Located right smack in the middle of a residential district, the building radiated extravagance and class, almost like a miniature version of The Palace of Versailles.

▼ “Am I really in Japan?” he wondered aloud.

Sunakoma approached the chateau gingerly, not wanting to sully the glory of this magnificent place with his insignificant presence.

▼ The fountain at the front caught his attention.

▼ Given the name of “Fountain of Salon Culture” by a famous Japanese actress,
the structure represented social and intellectual exchange.

An impressive taxidermy bird-of-paradise mount greeted Sunakoma at the entrance, with a description that claimed it was a gift from Sukarno, the first President of Indonesia.

▼ A castle is never complete without gifts from important people…

▼ …or flights of stairs covered in luxurious carpets.

▼ Photography was forbidden in many areas of the chateau,
but he managed to snap pictures of the opulent interior…

▼ …for some reason, of random magazines and brochures lying about the place.

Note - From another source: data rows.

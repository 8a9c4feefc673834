-- ===== src/PprfTree/Bits.antt =====
-- The leading bits of a 64-bit tag.
use native.Mathlib.Nat.{div-div-eq-div-mul, pow-suc, mul-div_cancel, mod-eq_of_lt, div-eq_of_lt}
use secure_deletion.Common.{
  ℕ, suc, ◌+◌, ◌-◌, ◌*◌, ◌/◌, ◌%◌, ◌^◌, ◌<◌, ◌≤◌, ◌≡◌, ◌∙◌, ap, sym, arith, Bool, ◌==◌,
  if◌then◌else◌, shl64, u64_mod, pow_pos, pow_add,
}
use secure_deletion.PprfTree.{check_bit_is_set}

-- The first `k` bits of a tag, as a number.
pub prefix : (tag k : ℕ) → ℕ
prefix tag k = tag / 2 ^ (64 - k)

abbrev pub bit : Bool → ℕ
bit b = if b then 1 else 0

half_shift : (tag n : ℕ) → tag / 2 ^ suc n ≡ tag / 2 ^ n / 2
half_shift tag n = ap (λ k. tag / k) (pow-suc 2 n) ∙ sym (div-div-eq-div-mul tag (2 ^ n) 2)

bit-mod : (x : ℕ) → bit (x % 2 == 1) ≡ x % 2
bit-mod x = ground arith

-- One more bit of the prefix is the bit that the walk tests.
pub prefix-suc :
    (tag k : ℕ) → k < 64 → prefix tag (k + 1) ≡ 2 * prefix tag k + bit (check_bit_is_set tag k)
unfolding prefix
prefix-suc tag k h =
    let e : 64 - k ≡ suc (63 - k) = omega arith in
    let e' : 64 - (k + 1) ≡ 63 - k = omega arith in
    rw (e, e', half_shift tag (63 - k), bit-mod (tag / 2 ^ (63 - k))) (omega arith)

pub prefix-zero : (tag : ℕ) → tag < u64_mod → prefix tag 0 ≡ 0
unfolding prefix
prefix-zero tag h = div-eq_of_lt h

-- The shift of `evaluate_at_tag` and `puncture_at_tag` moves a tag to the top of its word, where
-- its first `pprf_depth` bits are the tag.
module _ (tag pprf_depth : ℕ) (deep : pprf_depth ≤ 64) (fits : tag < 2 ^ pprf_depth) where
  shifted_fits : tag * 2 ^ (64 - pprf_depth) < u64_mod
  shifted_fits =
      let e : pprf_depth + (64 - pprf_depth) ≡ 64 = omega arith in
      let split : u64_mod ≡ 2 ^ pprf_depth * 2 ^ (64 - pprf_depth) =
        rw e at (pow_add pprf_depth (64 - pprf_depth)) in
      let p = pow_pos (64 - pprf_depth) in rw split (grind arith)

  shl64-eq : shl64 tag (64 - pprf_depth) ≡ tag * 2 ^ (64 - pprf_depth)
  shl64-eq = mod-eq_of_lt shifted_fits

  pub shl64-lt : shl64 tag (64 - pprf_depth) < u64_mod
  shl64-lt = rw shl64-eq shifted_fits

  pub prefix-shl64 : prefix (shl64 tag (64 - pprf_depth)) pprf_depth ≡ tag
  unfolding prefix
  prefix-shl64 = rw shl64-eq (mul-div_cancel tag (pow_pos (64 - pprf_depth)))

▼ Everything from the vintage paintings and wall fittings
to the classic furniture spoke of a bygone era.

The owner of Chateau De Comal, who goes by the name of Mr. Takamaru, spent many years recreating 18th-century French architecture in painstaking detail.

▼ Now, Mr. Takamaru holds monthly concerts and tea parties
at the impressive venue he now calls home.

Sunakoma’s throat was beginning to feel dry when he stumbled upon a cafe of sorts, allowing visitors to refresh themselves and simply soak in the atmosphere at a leisurely pace.

Our reporter ordered “Cafe Rikyu” (US$6.50), Chateau De Comal’s signature coffee that pays homage to a historical figure who founded the Japanese tea ceremony of today. Served in a traditional matcha bowl and whipped with a matcha whisk to create froth, the beverage was a unique combination of French and Japanese cultures.

▼ What made it really delicious was the liberal use
of special Japanese sugar called wasanbon.

▼ Its mellow and aromatic flavors suited the luxurious ambiance perfectly.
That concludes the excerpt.